Sebagai ibu, hatiku serasa tersayat melihat air mata yang bergulir di pipi putriku. Aku berusaha menahan emosi, mengingatkanku pada perjuangan kami selama ini. Betapa dia sudah berusaha keras, belajar sampai larut malam, mengerjakan tugas-tugas tanpa henti. Namun, kenyataan ini seolah membantingnya ke dalam jurang keraguan dan kehilangan kepercayaan diri.

Aku duduk di sebelahnya, mencoba meraih tangannya. “Dinda, dengarkan Mama, ya. Kamu bukan anak yang bodoh atau malas. Nilai ini bukan segalanya,” kataku dengan suara lembut, meskipun dalam hati aku merasakan perih yang sama.

Dinda menggeleng pelan, menghapus air matanya dengan punggung tangan. “Tapi, Ma, bagaimana kalau aku tidak bisa masuk ke sekolah yang bagus? Aku tidak ingin mengecewakan Mama dan Papa…” suaranya parau, dan rasa bersalah tergambar jelas di matanya.

Aku mencoba menenangkan diri sebelum menjawabnya. “Nak, yang penting bukan seberapa cepat kita mencapai tujuan, tetapi seberapa kuat kita terus berjalan meski terjatuh.” Aku berusaha menguatkannya, meski aku tahu, kata-kata ini mungkin belum sepenuhnya bisa diterimanya saat ini.

Dalam beberapa hari ke depan, aku dan suamiku bekerja keras mencari opsi sekolah lain yang bisa jadi tempat terbaik bagi Dinda. Setiap malam, aku berdoa dalam diam, berharap Tuhan memberikan jalan terbaik bagi anakku agar tetap percaya bahwa dia mampu. Kami mendiskusikan sekolah-sekolah lain yang juga berkualitas dan memiliki reputasi baik. Meski bukan sekolah favorit, kami tahu bahwa kesempatan itu tetap ada.

Namun, ketika akhirnya kami mencoba berbicara dengan Dinda tentang pilihan lain, aku melihat kebingungan di matanya. “Tapi, Ma, apa mereka akan menerimaku?” katanya ragu. “Teman-temanku mungkin mengira aku sudah tidak punya harapan. Aku malu, Ma…”

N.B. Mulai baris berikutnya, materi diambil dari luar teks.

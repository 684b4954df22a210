-- ===== src/Nodes.antt =====
-- src/node_registry.rs: the nodes that releases run on, their leases on life (heartbeats), and
-- the record of their changes.
pub mod Record
pub mod Tables
pub mod Registry
pub mod History
pub mod Steps
pub mod Evolution
pub mod Errors
pub mod Fencing
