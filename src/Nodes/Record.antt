-- ===== src/Nodes/Record.antt =====
-- The records of src/node_registry.rs and the rows of migrations/0013_nodes_scheduler.sql. A BIGINT
-- or INTEGER column holds its bit pattern.
use hostinger.Prelude.{ℕ, String, Bool, Option, str_eq, if◌then◌else◌}
use hostinger.Agent.Commands.{NodeStatus, online, degraded, draining, offline, NodeCapacity}

pub data NodeRegistryError : Type 0 where
  database : NodeRegistryError
  invalid_capacity : NodeRegistryError
  node_not_found : ℕ → NodeRegistryError
  epoch_mismatch : ℕ → ℕ → NodeRegistryError
  version_conflict : ℕ → NodeRegistryError

-- A row of `nodes`: the status is a text.
pub record NodeRow : Type 0 where
  pub id : ℕ
  pub hostname : String
  pub endpoint : String
  pub status : String
  pub cpu_total_millicores : ℕ  -- BIGINT
  pub memory_total_bytes : ℕ  -- BIGINT
  pub max_releases : ℕ  -- INTEGER
  pub cpu_used_millicores : ℕ  -- BIGINT
  pub memory_used_bytes : ℕ  -- BIGINT
  pub running_releases_count : ℕ  -- INTEGER
  pub token_hash : String
  pub epoch : ℕ  -- BIGINT
  pub version : ℕ  -- BIGINT
  pub is_draining : Bool
  pub is_enabled : Bool
  pub last_heartbeat_at : ℕ
  pub registered_at : ℕ
  pub updated_at : ℕ

pub record NodeRecord : Type 0 where
  pub id : ℕ
  pub hostname : String
  pub endpoint : String
  pub status : NodeStatus
  pub capacity : NodeCapacity
  pub cpu_used_millicores : ℕ  -- u64
  pub memory_used_bytes : ℕ  -- u64
  pub running_releases_count : ℕ  -- u32
  pub token_hash : String
  pub epoch : ℕ  -- u64
  pub version : ℕ  -- u64
  pub is_draining : Bool
  pub is_enabled : Bool
  pub last_heartbeat_at : ℕ
  pub registered_at : ℕ
  pub updated_at : ℕ

-- Any other text counts as online.
unfoldable pub status_of : String → NodeStatus
status_of s =
    if str_eq s "degraded"
    then degraded
    else if str_eq s "draining"
    then draining
    else if str_eq s "offline"
    then offline
    else online

unfoldable pub from_pg_row : NodeRow → NodeRecord
from_pg_row row = record {
  id = row.id;
  hostname = row.hostname;
  endpoint = row.endpoint;
  status = status_of row.status;
  capacity = record {
    cpu_millicores = row.cpu_total_millicores;
    memory_bytes = row.memory_total_bytes;
    max_releases = row.max_releases;
  };
  cpu_used_millicores = row.cpu_used_millicores;
  memory_used_bytes = row.memory_used_bytes;
  running_releases_count = row.running_releases_count;
  token_hash = row.token_hash;
  epoch = row.epoch;
  version = row.version;
  is_draining = row.is_draining;
  is_enabled = row.is_enabled;
  last_heartbeat_at = row.last_heartbeat_at;
  registered_at = row.registered_at;
  updated_at = row.updated_at;
}

unfoldable pub status_to_str : NodeStatus → String
status_to_str online = "online"
status_to_str degraded = "degraded"
status_to_str draining = "draining"
status_to_str offline = "offline"

-- A row of `node_events`, which is read as it is.
pub record NodeEventRecord : Type 0 where
  pub id : ℕ
  pub node_id : ℕ
  pub from_status : String
  pub to_status : String
  pub reason : Option String
  pub created_at : ℕ

-- A row of `placements`.
pub record PlacementRow : Type 0 where
  pub id : ℕ
  pub release_id : ℕ
  pub node_id : ℕ
  pub operation_lease_id : ℕ
  pub status : String
  pub cpu_allocated_millicores : ℕ  -- BIGINT
  pub memory_allocated_bytes : ℕ  -- BIGINT
  pub lease_expires_at : ℕ
  pub created_at : ℕ
  pub updated_at : ℕ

Seketika, aku merasakan emosi yang sulit kujelaskan. Betapa sakit hati melihat anakku dirundung ketakutan, merasa dirinya tidak cukup baik, dan takut dicap sebagai anak yang gagal. Aku mendekap Dinda erat, sambil berkata, “Dinda, kamu berharga bukan karena nilai atau sekolah tempat kamu belajar. Kamu punya kemampuan, semangat, dan ketulusan yang Mama tahu bisa membawamu jauh.”

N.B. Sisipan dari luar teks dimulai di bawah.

-- ===== src/Nodes/Tables.antt =====
-- The tables of nodes and placements, and the SQL statements of src/node_registry.rs, each a function
-- on them. `none` is a statement that a key or the range of a column refuses.
use hostinger.Prelude.{
  ℕ, ◌+◌, ◌*◌, ◌%◌, ◌^◌, String, Bool, true, false, not, ◌&&◌, ◌||◌, Option, none, some, List, [],
  ◌∷◌, ◌++◌, ◌==◌, ltb, leb, str_eq, length, find, select, update, any, if◌then◌else◌,
}
use hostinger.Prelude.Order.{order_by, order_by_desc}
use hostinger.Prelude.Words.{i64_succ, i64_key}
use hostinger.Agent.Commands.{RegisterNodeCommand, HeartbeatCommand}
use hostinger.Nodes.Record.{NodeRow, NodeEventRecord, PlacementRow}

pub record NodeTables : Type 0 where
  pub nodes : List NodeRow
  pub node_events : List NodeEventRecord
  pub placements : List PlacementRow

abbrev pub has_node : ℕ → NodeRow → Bool
has_node i row = row.id == i

-- The rows with `f` applied where the test passes, if `f` fails on none of them.
abbrev pub update_checked : {A : Type 0} → (A → Bool) → (A → Option A) → List A → Option (List A)
update_checked p f [] = some []
update_checked p f (x ∷ xs) = elim (if p x then f x else some x) [
  | none ↦ none
  | some y ↦ elim (update_checked p f xs) [ none ↦ none | some ys ↦ some (y ∷ ys) ]
]

-- UPDATE nodes SET ... WHERE ..., with the number of rows that it met as a test for 0.
unfoldable pub update_nodes :
    (NodeRow → Bool) → (NodeRow → Option NodeRow) → NodeTables → Option (Bool × NodeTables)
update_nodes p f t = elim (update_checked p f t.nodes) [
  | none ↦ none
  | some rows ↦ some (any p t.nodes, record t { nodes = rows })
]

abbrev pub new_node : RegisterNodeCommand → ℕ → NodeRow
new_node cmd now = record {
  id = cmd.node_id;
  hostname = cmd.hostname;
  endpoint = cmd.endpoint;
  status = "online";
  cpu_total_millicores = cmd.capacity.cpu_millicores;
  memory_total_bytes = cmd.capacity.memory_bytes;
  max_releases = cmd.capacity.max_releases;
  cpu_used_millicores = 0;
  memory_used_bytes = 0;
  running_releases_count = 0;
  token_hash = cmd.token_hash;
  epoch = 1;
  version = 1;
  is_draining = false;
  is_enabled = true;
  last_heartbeat_at = now;
  registered_at = now;
  updated_at = now;
}

-- ON CONFLICT (id) DO UPDATE SET ...
abbrev pub registered_again : RegisterNodeCommand → ℕ → NodeRow → NodeRow
registered_again cmd now r = record r {
  hostname = cmd.hostname;
  endpoint = cmd.endpoint;
  cpu_total_millicores = cmd.capacity.cpu_millicores;
  memory_total_bytes = cmd.capacity.memory_bytes;
  max_releases = cmd.capacity.max_releases;
  token_hash = cmd.token_hash;
  status = "online";
  is_draining = false;
  is_enabled = true;
  last_heartbeat_at = now;
  updated_at = now;
}

-- INSERT INTO nodes ... ON CONFLICT (id) DO UPDATE SET ... RETURNING epoch
unfoldable pub upsert_node : RegisterNodeCommand → ℕ → NodeTables → ℕ × NodeTables
upsert_node cmd now t = elim (find (has_node cmd.node_id) t.nodes) [
  | none ↦ (1, record t { nodes = t.nodes ++ new_node cmd now ∷ [] })
  | some r ↦ (
    r.epoch,
    record t { nodes = update (has_node cmd.node_id) (registered_again cmd now) t.nodes },
  )
]

-- SELECT * FROM nodes WHERE id = $1
unfoldable pub node_by_id : ℕ → NodeTables → Option NodeRow
node_by_id node_id t = find (has_node node_id) t.nodes

-- SET cpu_used_millicores = $1, ..., version = version + 1, updated_at = NOW()
abbrev pub beat : HeartbeatCommand → ℕ → NodeRow → Option NodeRow
beat cmd now r = elim (i64_succ r.version) [
  | none ↦ none
  | some v ↦ some (record r {
    cpu_used_millicores = cmd.cpu_used_millicores;
    memory_used_bytes = cmd.memory_used_bytes;
    running_releases_count = length cmd.running_releases % 2 ^ 32;
    last_heartbeat_at = now;
    version = v;
    updated_at = now;
  })
]

-- WHERE id = $4 AND version = $5
abbrev pub at_version : ℕ → ℕ → NodeRow → Bool
at_version node_id version r = r.id == node_id && r.version == version

-- SET epoch = epoch + 1, token_hash = $1, updated_at = NOW()
abbrev pub rotated : String → ℕ → NodeRow → Option NodeRow
rotated token_hash now r = elim (i64_succ r.epoch) [
  | none ↦ none
  | some e ↦ some (record r { epoch = e; token_hash = token_hash; updated_at = now })
]

-- UPDATE nodes SET epoch = epoch + 1, ... WHERE id = $2 RETURNING epoch
unfoldable pub rotate_epoch : ℕ → String → ℕ → NodeTables → Option (Option ℕ × NodeTables)
rotate_epoch node_id token_hash now t =
    elim (update_checked (has_node node_id) (rotated token_hash now) t.nodes) [
      | none ↦ none
      | some rows ↦ some (
        elim (find (has_node node_id) rows) [ none ↦ none | some r ↦ some r.epoch ],
        record t { nodes = rows },
      )
    ]

-- INSERT INTO node_events (...) VALUES (...), where node_id references nodes(id)
unfoldable pub insert_event : NodeEventRecord → NodeTables → Option (Unit {0} × NodeTables)
insert_event row t =
    if any (λ (e : NodeEventRecord). e.id == row.id) t.node_events
      || not (any (has_node row.node_id) t.nodes)
    then none
    else some (tt, record t { node_events = t.node_events ++ row ∷ [] })

-- SELECT * FROM nodes WHERE status != 'offline' AND last_heartbeat_at < NOW() - $1 seconds
unfoldable pub silent_nodes : ℕ → ℕ → NodeTables → List NodeRow
silent_nodes timeout_secs now t =
    select
      (λ r.
        not (str_eq r.status "offline")
        && ltb (r.last_heartbeat_at + timeout_secs * 1_000_000_000) now)
      t.nodes

-- What a node must be to get a release.
abbrev pub is_active_node : ℕ → ℕ → NodeRow → Bool
is_active_node timeout_secs now r =
    str_eq r.status "online"
    && r.is_enabled
    && not r.is_draining
    && leb now (r.last_heartbeat_at + timeout_secs * 1_000_000_000)

-- SELECT * FROM nodes WHERE status = 'online' AND ... ORDER BY cpu_used_millicores ASC
unfoldable pub active_nodes : ℕ → ℕ → NodeTables → List NodeRow
active_nodes timeout_secs now t =
    order_by (λ r. i64_key r.cpu_used_millicores) (select (is_active_node timeout_secs now) t.nodes)

-- SELECT * FROM nodes ORDER BY registered_at DESC
unfoldable pub nodes_by_age : NodeTables → List NodeRow
nodes_by_age t = order_by_desc (λ r. r.registered_at) t.nodes

-- SELECT * FROM node_events WHERE node_id = $1 ORDER BY created_at DESC
unfoldable pub events_of : ℕ → NodeTables → List NodeEventRecord
events_of node_id t =
    order_by_desc (λ e. e.created_at) (select (λ e. e.node_id == node_id) t.node_events)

Akhirnya, setelah pencarian panjang, kami menemukan sebuah sekolah yang, meskipun bukan pilihan pertama, tetap memiliki lingkungan belajar yang baik dan suasana yang mendukung perkembangan anak-anak. Dengan keyakinan dan doa yang tak henti, kami mendaftarkannya ke sana. Namun, aku bisa melihat dari wajahnya bahwa ia masih belum sepenuhnya yakin.

Hari pertama masuk sekolah menengah atas itu datang, dan aku menemaninya hingga depan gerbang sekolah. Aku bisa merasakan ketegangannya, bagaimana ia melihat siswa-siswa lain dengan tatapan cemas, seolah mencari persetujuan dalam diam. Aku meremas tangannya dengan lembut, berbisik, “Jangan khawatir, Nak. Kamu akan baik-baik saja. Mama dan Papa akan selalu ada untukmu, apapun yang terjadi.”

Hari demi hari berlalu, dan meski awalnya berat, perlahan aku melihat perubahan pada Dinda. Ia mulai akrab dengan teman-teman barunya, menemukan hal-hal yang ia sukai di sekolah barunya, bahkan ikut dalam beberapa kegiatan yang membuatnya semakin percaya diri. Di kelasnya Dinda dipercaya menjadi bendahara kelas. Satu per satu, dinding ketidakpercayaan diri itu mulai runtuh. Aku dan suamiku terus memberi dukungan, hadir di setiap acara sekolahnya, dan mendengarkan cerita-ceritanya setiap kali ia pulang. Dan ketika hari pembagian raport, hasilnya Dinda berada pada ranking sepuluh dari tiga puluh siswa di kelasnya. Menunjukkan bahwa Dinda bukan siswa terburuk di kelasnya. Tentu saja hal itu membuatnya makin percaya diri.

Suatu sore, saat kami sedang duduk di ruang tamu, Dinda tiba-tiba tersenyum padaku, senyum yang lama tidak kulihat sejak hari kelulusannya. “Ma, terima kasih, ya. Kalau bukan karena Mama, aku mungkin tidak akan sampai sejauh ini.”

Aku menarik napas panjang, menahan air mata haru yang ingin tumpah. “Mama bangga padamu, Nak. Kamu kuat, lebih kuat dari yang kamu kira.”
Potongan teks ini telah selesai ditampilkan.